General Motors, the third largest automaker in the world and the biggest in the United States announced it concluded negotiations with some of its investors and will avert a proxy fight by introducing a $5 billion share buyback program.
The plan that was detailed also included additional promises of allocating even more cash to stockholders – in an effort to avert an oncoming proxy war with a group of investors that were discontent of the company’s balance and governance. The group was lead by Harry Wilson, an activist investor that also took part back in the government appointed task force that helped GM out of bankruptcy reorganization after 2009. Wilson agreed with the automaker to cease his efforts to gain a seat on the carmaker’s management board come June’s annual shareholder meeting.
Wilson declared himself satisfied of the company’s new financial plan, adding it would offer investors a more transparent approach to GM’s cash investment proposals.

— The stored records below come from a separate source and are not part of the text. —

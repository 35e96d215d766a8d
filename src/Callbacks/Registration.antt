-- ===== src/Callbacks/Registration.antt =====
-- `register_callback` of libs/libkrgcb/libkrgcb.c as a whole, with the start of the worker thread.
use kerrighed_tools.Base.{
  ℕ, ◌∷◌, ◌≡◌, refl, Bool, true, false, Option, none, some, ℤ, if◌then◌else◌, Bool-cases, inl, inr,
}
use kerrighed_tools.Kernel.{World, Log, truthy, pthread_create, mutex_lock}
use kerrighed_tools.Callbacks.{
  Hook, Context, signal_context, thread_context, in_thread, Info, State, Ended, ended, store_in,
  initialize_cb_thread, register_with, register_callback, free_info_memory,
}
use kerrighed_tools.Callbacks.Tables.{
  IsValid, Stored, store_callback-IsValid, store_callback-Stored,
}

module _ (w : World) (hook : Hook) (func arg : ℕ) (context : Context) (info : Info) where
  -- The answer to the creation of the worker thread, when it is asked for.
  abbrev pub creation : Log → ℤ
  creation log = (w.answer (mutex_lock ∷ log) pthread_create).ret

  -- How a registration ends, from the state `s` with the tables `info`.
  pub data Registered (s : State) (log : Log) : Ended → Type 0 where
    stored :
        (r : ℤ) (s' : State) (info' : Info)
        → s'.info ≡ some info'
        → IsValid info'
        → Stored hook
            (record { func = func; arg = arg; thread_cb = in_thread context })
            info
            info'
            r
        → s'.thread_running ≡ (if in_thread context then true else s.thread_running)
        → (in_thread context ≡ true → s.thread_running ≡ false → truthy (creation log) ≡ false)
        → Registered s log (ended r s')
    no_thread :
        (s' : State)
        → in_thread context ≡ true
        → s.thread_running ≡ false
        → truthy (creation log) ≡ true
        → s'.info ≡ none
        → s'.thread_running ≡ false
        → Registered s log (ended (creation log) s')

  store_in-Registered :
      (s s' : State) (log : Log)
      → IsValid info
      → s'.thread_running ≡ (if in_thread context then true else s.thread_running)
      → (in_thread context ≡ true → s.thread_running ≡ false → truthy (creation log) ≡ false)
      → Registered s log (store_in w hook func arg context info s')
  unfolding store_in
  store_in-Registered s s' log v running created =
      stored _ _ _ refl (store_callback-IsValid hook func arg context info v)
        (store_callback-Stored hook func arg context info v) running created

module _ (w : World) (hook : Hook) (func arg : ℕ) (info : Info) (v : IsValid info) where
  thread-Registered :
      (i : Option Info) (running : Bool) (h : Option Hook) (log : Log)
      → let s : State = record { info = i; thread_running = running; current_hook = h } in
        Registered w hook func arg thread_context info s log
          (register_with w hook func arg thread_context info s log).0
  unfolding register_with initialize_cb_thread free_info_memory
  thread-Registered i true h log =
      let s : State = record { info = i; thread_running = true; current_hook = h } in
      store_in-Registered w hook func arg thread_context info s s log v refl (λ t r. absurd (cc))
  thread-Registered i false h log =
      let s : State = record { info = i; thread_running = false; current_hook = h } in
      elim (Bool-cases (truthy (w.answer (mutex_lock ∷ log) pthread_create).ret)) [
        | inl failed ↦ rw failed (rw failed (no_thread _ refl refl failed refl refl))
        | inr started ↦ rw started (
            rw started (
              store_in-Registered w hook func arg thread_context info s
                (record s { thread_running = true }) log v refl (λ t r. started)))
      ]

  -- With well-formed tables, a registration for either context ends in one of two ways. It stores the
  -- callback behind the others of its hook, or reports a full table with -1, with tables that are
  -- well-formed again and, for a callback of the thread context, the worker thread running, which
  -- `pthread_create` has created unless it ran before. Or the callback needs the thread, it did not run,
  -- and `pthread_create` has failed: the result is the error that it gave, and the tables are gone.
  pub register_callback-Registered :
      (context : Context) (s : State) (log : Log)
      → Registered w hook func arg context info
          (record s { info = some info })
          log
          (register_callback w hook func arg context (record s { info = some info }) log).0
  unfolding register_callback register_with
  register_callback-Registered signal_context s log =
      store_in-Registered w hook func arg signal_context info (record s { info = some info })
        (record s { info = some info }) log v refl (λ t r. absurd (cc))
  register_callback-Registered thread_context s log =
      thread-Registered (some info) s.thread_running s.current_hook log
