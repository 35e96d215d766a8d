-- ===== src/Callbacks/Running.antt =====
-- Running the callbacks, and the messages that tell the requester how it went
-- (libs/libkrgcb/libkrgcb.c). A callback is code of the application: a call that the world
-- answers. It is taken not to register further callbacks while it runs.
pub mod Order
pub mod Messages
pub mod Interleaving
use kerrighed_tools.Base.{
  ℕ, zero, suc, ◌+◌, Bool, true, false, not, ◌&&◌, List, [], ◌∷◌, Option, none, some, ℤ, pos,
  negsuc, minus_one, get_or, ltb_ℤ, ltb, ◌==◌, if◌then◌else◌,
}
use kerrighed_tools.Kernel.{
  World, M, ◌>>=◌, ◌>>◌, return, sys, truthy, callback, getpid, msgget, msgsnd, mutex_lock,
  mutex_unlock,
}
use kerrighed_tools.Callbacks.{
  Hook, checkpoint, restart, continue, Context, signal_context, thread_context, in_thread, Callback,
  Info, State, empty_slot, cb_count_read, table, Ended, aborted, ended,
}

-- `cr_cb[idx].func`, and the flag that fits the context.
abbrev pub eligible : Context → Callback → Bool
eligible context cb =
    not (cb.func == 0) && (if in_thread context then cb.thread_cb else not cb.thread_cb)

-- `enum cr_cb_status`
abbrev pub chkpt_app : ℕ
chkpt_app = 1

abbrev pub err : ℕ
err = 2

module _ (w : World) where
  -- The loop of `run_callbacks` over the slots of a table.
  unfoldable pub run_slots : Context → List Callback → ℕ → ℕ → M ℤ
  run_slots context cr_cb zero idx = return (pos 0)
  run_slots context cr_cb (suc rounds) idx =
      let cb = get_or cr_cb idx empty_slot in
      let rest = run_slots context cr_cb rounds (idx + 1) in
      if eligible context cb
      then (do r ← sys w (callback cb.func cb.arg); if truthy r.ret then return r.ret else rest)
      else rest

  unfoldable pub run_hook : Context → Hook → Info → M ℤ
  run_hook context hook info =
      run_slots context (table hook info) (cb_count_read hook info.cr_cb_count) 0

  -- `none` is the `exit` for a missing `cr_callback_init`.
  unfoldable pub run_callbacks : Context → State → M (Option ℤ)
  run_callbacks context s = elim s.info [
    | none ↦ return none
    | some info ↦ elim s.current_hook [
      | none ↦ return (some minus_one)
      | some hook ↦ do r ← run_hook context hook info; return (some r)
    ]
  ]

  unfoldable pub send_message : ℕ → M ℤ
  send_message msg = do
    key ← sys w getpid
    msqid ← sys w (msgget key.ret)
    if ltb_ℤ msqid.ret (pos 0) then return minus_one else do
      sent ← sys w (msgsnd msqid.ret msg)
      return (if truthy sent.ret then minus_one else pos 0)

  -- The message about the signal callbacks, whose result is `r`.
  unfoldable pub report_signal : Hook → Bool → ℤ → M (Unit {0})
  report_signal checkpoint thread_running r =
      if truthy r
      then (do sent ← send_message err; return tt)
      else if thread_running
      then return tt
      else do sent ← send_message chkpt_app; return tt
  report_signal _ thread_running r = return tt

  -- The switch over the signal.
  hook_of : ℕ → Option Hook
  hook_of signum =
      if signum == 37
      then some checkpoint
      else if signum == 38
      then some restart
      else if signum == 39
      then some continue
      else none

  -- The handler with the hook that its signal stands for.
  unfoldable pub handle_hook : Hook → Info → State → M State
  handle_hook hook info s = do
    r ← run_hook signal_context hook info
    told ← report_signal hook s.thread_running r
    if s.thread_running
        then (do woken ← sys w mutex_unlock; return (record s { current_hook = some hook }))
        else return (record s { current_hook = some hook })

  -- `none` is the `exit` for a missing `cr_callback_init`.
  unfoldable pub handle_signal : ℕ → State → M (Option State)
  unfolding hook_of
  handle_signal signum s = elim s.info [
    | none ↦ return none
    | some info ↦ elim (hook_of signum) [
      | none ↦ return (some s)
      | some hook ↦ do s' ← handle_hook hook info s; return (some s')
    ]
  ]

  -- The message about the callbacks of the worker thread.
  unfoldable pub report_thread : Hook → ℤ → M (Unit {0})
  report_thread checkpoint r = do
    sent ← send_message (if truthy r then err else chkpt_app)
    return tt
  report_thread _ r = return tt

  -- The round of `worker_thread` behind the lock, with the hook that a signal has set.
  unfoldable pub worker_body : Hook → Info → M (Unit {0})
  worker_body hook info = do r ← run_hook thread_context hook info; report_thread hook r

  -- One round of the loop of `worker_thread`, for a hook that a signal has set.
  unfoldable pub worker_round : Hook → Info → M (Unit {0})
  unfolding worker_body
  worker_round hook info = do locked ← sys w mutex_lock; worker_body hook info
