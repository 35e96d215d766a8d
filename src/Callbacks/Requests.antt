-- ===== src/Callbacks/Requests.antt =====
-- The side of libs/libkrgcb/libkrgcb.c that asks another process to run its callbacks.
pub mod Success
pub mod Protocol
use kerrighed_tools.Base.{
  ℕ, ◌%◌, ◌==◌, Bool, false, ℤ, pos, minus_one, ltb_ℤ, eqb_ℤ, int_of_long, if◌then◌else◌,
}
use kerrighed_tools.Kernel.{
  World, M, ◌>>=◌, return, sys, truthy, number_of, msgget, msgrcv, msgctl_rmid, kill,
}
use kerrighed_tools.Callbacks.Running.{err}
use kerrighed_tools.Proc.{application_get_userdata_from_appid, application_get_userdata_from_pid}

module _ (w : World) where
  -- `CR_CB_ACTIV_CB` is bit 0 of the user data.
  unfoldable pub cr_detect_callbacks : ℤ → Bool → M ℤ
  cr_detect_callbacks pid from_appid = do
    found ←
        if from_appid
        then application_get_userdata_from_appid w pid 0
        else application_get_userdata_from_pid w (int_of_long pid) 0
    return (if truthy found.0 then found.0 else if found.1 % 2 == 0 then minus_one else pos 0)

  -- From the signal to the answer.
  unfoldable pub ask_checkpoint : ℤ → ℤ → M ℤ
  ask_checkpoint pid msqid = do
    signalled ← sys w (kill (int_of_long pid) 37)
    if truthy signalled.ret then return signalled.ret else do
      received ← sys w (msgrcv msqid)
      if ltb_ℤ received.ret (pos 0) then return minus_one else do
        removed ← sys w (msgctl_rmid msqid)
        return (
            if truthy removed.ret
            then removed.ret
            else if eqb_ℤ (number_of received.out) (pos err)
            then minus_one
            else pos 0)

  unfoldable pub cr_execute_chkpt_callbacks : ℤ → Bool → M ℤ
  unfolding ask_checkpoint
  cr_execute_chkpt_callbacks pid from_appid = do
    absent ← cr_detect_callbacks pid from_appid
    if truthy absent then return (pos 0) else do
      msqid ← sys w (msgget (int_of_long pid))
      if ltb_ℤ msqid.ret (pos 0) then return minus_one else ask_checkpoint pid msqid.ret

  -- The two requests that send a signal and do not wait.
  send_hook : ℕ → ℤ → Bool → M ℤ
  send_hook signal pid from_appid = do
    absent ← cr_detect_callbacks pid from_appid
    if truthy absent
        then return (pos 0)
        else do r ← sys w (kill (int_of_long pid) signal); return r.ret

  unfoldable pub cr_execute_restart_callbacks : ℤ → M ℤ
  unfolding send_hook
  cr_execute_restart_callbacks pid = send_hook 38 pid false

  unfoldable pub cr_execute_continue_callbacks : ℤ → Bool → M ℤ
  unfolding send_hook
  cr_execute_continue_callbacks pid from_appid = send_hook 39 pid from_appid
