-- ===== src/Callbacks/Running/Messages.antt =====
-- The messages of libs/libkrgcb/libkrgcb.c that answer a checkpoint request: who sends them, the
-- signal handler or the worker thread, which they are, and how many.
use kerrighed_tools.Base.{
  ℕ, zero, suc, ◌+◌, ◌≡◌, refl, ◌∙◌, ap, Bool, true, false, List, [], ◌∷◌, ℤ, pos, ltb_ℤ, get_or,
  length, if◌then◌else◌, Bool-cases, inl, inr,
}
use kerrighed_tools.Kernel.{
  World, M, Log, msgsnd, msgget, getpid, ◌>>=◌, return, truthy, callback, mutex_lock,
}
use kerrighed_tools.Callbacks.{
  Hook, checkpoint, Context, signal_context, thread_context, Callback, Info, State, table,
  cb_count_read, empty_slot,
}
use kerrighed_tools.Callbacks.Running.{
  chkpt_app, err, eligible, run_slots, run_hook, send_message, report_signal, report_thread,
  handle_hook, worker_round,
}

-- The messages that a log has sent, newest first.
abbrev pub messages : Log → List ℕ
messages [] = []
messages (msgsnd q m ∷ log) = m ∷ messages log
messages (c ∷ log) = messages log

-- How many messages a log has sent.
abbrev pub sent : Log → ℕ
sent log = length (messages log)

-- What the handler adds, with the result of the signal callbacks, and what the thread adds.
abbrev pub handler_message : Bool → ℤ → List ℕ → List ℕ
handler_message running r ms = if truthy r then err ∷ ms else if running then ms else chkpt_app ∷ ms

abbrev pub thread_message : ℤ → List ℕ → List ℕ
thread_message r ms = (if truthy r then err else chkpt_app) ∷ ms

module _ (w : World) where
  -- A checkpoint request: the signal handler, and then, when it runs, the worker thread, which the
  -- handler has woken.
  abbrev pub request : Info → State → M (Unit {0})
  request info s = do
    s' ← handle_hook w checkpoint info s
    if s.thread_running then worker_round w checkpoint info else return tt

  messages-run_slots :
      (context : Context) (cs : List Callback) (rounds idx : ℕ) (log : Log)
      → messages (run_slots w context cs rounds idx log).1 ≡ messages log
  unfolding run_slots
  messages-run_slots context cs zero idx log = refl
  messages-run_slots context cs (suc rounds) idx log =
      let ih = messages-run_slots context cs rounds (idx + 1) in
      let cb = get_or cs idx empty_slot in
      elim (Bool-cases (eligible context cb)) [
        | inl fits ↦
            rw fits elim (Bool-cases (truthy (w.answer log (callback cb.func cb.arg)).ret)) [
              | inl failed ↦ rw failed refl
              | inr went_on ↦ rw went_on (ih (callback cb.func cb.arg ∷ log))
            ]
        | inr unfit ↦ rw unfit (ih log)
      ]

  pub messages-run_hook :
      (context : Context) (hook : Hook) (info : Info) (log : Log)
      → messages (run_hook w context hook info log).1 ≡ messages log
  unfolding run_hook
  messages-run_hook context hook info log =
      messages-run_slots context (table hook info) (cb_count_read hook info.cr_cb_count) 0 log

  -- The result of the signal callbacks, and that of the thread's, which run later.
  abbrev pub signal_result : Info → Log → ℤ
  signal_result info log = (run_hook w signal_context checkpoint info log).0

  abbrev pub thread_result : Info → State → Log → ℤ
  thread_result info s log =
      (run_hook w thread_context checkpoint info
        (mutex_lock ∷ (handle_hook w checkpoint info s log).1)).0

  module _
      (queue : (log : Log) (key : ℤ) → ltb_ℤ (w.answer log (msgget key)).ret (pos 0) ≡ false) where
    pub messages-send_message :
        (msg : ℕ) (log : Log) → messages (send_message w msg log).1 ≡ msg ∷ messages log
    unfolding send_message
    messages-send_message msg log = rw (queue (getpid ∷ log) (w.answer log getpid).ret) refl

    messages-report_signal :
        (running : Bool) (r : ℤ) (log : Log)
        → messages (report_signal w checkpoint running r log).1
          ≡ handler_message running r (messages log)
    unfolding report_signal
    messages-report_signal running r log = elim (Bool-cases (truthy r)) [
      | inl failed ↦ rw failed (messages-send_message err log)
      | inr passed ↦ rw passed elim (Bool-cases running) [
        | inl on ↦ rw on refl
        | inr off ↦ rw off (messages-send_message chkpt_app log)
      ]
    ]

    pub messages-handle_hook :
        (info : Info) (s : State) (log : Log)
        → messages (handle_hook w checkpoint info s log).1
          ≡ handler_message s.thread_running (signal_result info log) (messages log)
    unfolding handle_hook
    messages-handle_hook info s log =
        let r = run_hook w signal_context checkpoint info log in
        let e = messages-run_hook signal_context checkpoint info log in
        elim (Bool-cases s.thread_running) [
          | inl on ↦ rw on (messages-report_signal true r.0 r.1 ∙ ap (handler_message true r.0) e)
          | inr off ↦
              rw off (messages-report_signal false r.0 r.1 ∙ ap (handler_message false r.0) e)
        ]

    messages-worker_round :
        (info : Info) (log : Log)
        → messages (worker_round w checkpoint info log).1
          ≡ thread_message
              (run_hook w thread_context checkpoint info (mutex_lock ∷ log)).0
              (messages log)
    unfolding worker_round report_thread
    messages-worker_round info log =
        let r = run_hook w thread_context checkpoint info (mutex_lock ∷ log) in
        messages-send_message _ r.1
        ∙ ap (thread_message r.0)
            (messages-run_hook thread_context checkpoint info (mutex_lock ∷ log))

    messages-woken :
        (info : Info) (running : Bool) (log : Log)
        → messages ((if running then worker_round w checkpoint info else return tt) log).1 ≡ (
            if running
            then thread_message
                (run_hook w thread_context checkpoint info (mutex_lock ∷ log)).0
                (messages log)
            else messages log)
    messages-woken info true log = messages-worker_round info log
    messages-woken info false log = refl

    -- The messages after a request.
    pub messages-request :
        (info : Info) (s : State) (log : Log)
        → let said = handler_message s.thread_running (signal_result info log) (messages log) in
          messages (request info s log).1
          ≡ (if s.thread_running then thread_message (thread_result info s log) said else said)
    messages-request info s log =
        messages-woken info s.thread_running (handle_hook w checkpoint info s log).1
        ∙ ap (λ ms. if s.thread_running then thread_message (thread_result info s log) ms else ms)
            (messages-handle_hook info s log)
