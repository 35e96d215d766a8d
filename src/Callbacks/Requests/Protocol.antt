-- ===== src/Callbacks/Requests/Protocol.antt =====
-- A checkpoint request of libs/libkrgcb/libkrgcb.c from end to end: the process that asks and the
-- application that answers, each in its own world, with the message queue between them.
use kerrighed_tools.Base.{
  ℕ, ◌≡◌, Bool, false, not, ◌&&◌, ◌||◌, List, [], ◌∷◌, ℤ, pos, ltb_ℤ, int_of_long,
}
use kerrighed_tools.Kernel.{World, Log, truthy, number_of, msgget, kill, msgrcv, msgctl_rmid}
use kerrighed_tools.Callbacks.Requests.{cr_detect_callbacks}

-- The oldest of messages that are listed newest first; a queue gives this one.
abbrev pub oldest : List ℕ → ℕ
oldest [] = 0
oldest (m ∷ []) = m
oldest (m ∷ ms) = oldest ms

-- Whether the callbacks have succeeded, with the results of both contexts.
abbrev pub all_passed : Bool → ℤ → ℤ → Bool
all_passed running r r' = not (truthy r) && (not running || not (truthy r'))

-- The process that asks finds callbacks declared, its calls succeed, and it receives the message.
pub record Asks (asker : World) (pid : ℤ) (from_appid : Bool) (log : Log) (message : ℕ)
    : Type 0 where
  pub msqid : ℤ
  pub declared : truthy (cr_detect_callbacks asker pid from_appid log).0 ≡ false
  pub opened :
      (asker.answer (cr_detect_callbacks asker pid from_appid log).1 (msgget (int_of_long pid))).ret
      ≡ msqid
  pub found : ltb_ℤ msqid (pos 0) ≡ false
  pub signalled : (l : Log) → truthy (asker.answer l (kill (int_of_long pid) 37)).ret ≡ false
  pub received : (l : Log) → ltb_ℤ (asker.answer l (msgrcv msqid)).ret (pos 0) ≡ false
  pub delivered : (l : Log) → number_of (asker.answer l (msgrcv msqid)).out ≡ pos message
  pub removed : (l : Log) → truthy (asker.answer l (msgctl_rmid msqid)).ret ≡ false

The company added yesterday it would increase its quarterly dividend to 36 cents a share from 30 cents previously after first discussing the plan last month. All actions undertaken by the automaker now could yield investors a return of cash of around $10 billion through 2016.
From now on, the carmaker agreed it would seek to keep $20 billion in cash on its balance sheet and anything beyond that would be returned to investors – with the framework dependant on GM’s maintenance of an investment grade balance sheet. GM Chief Financial Officer Chuck Stevens added the $20 billion in cash would be enough to help the automaker survive in case of another recession.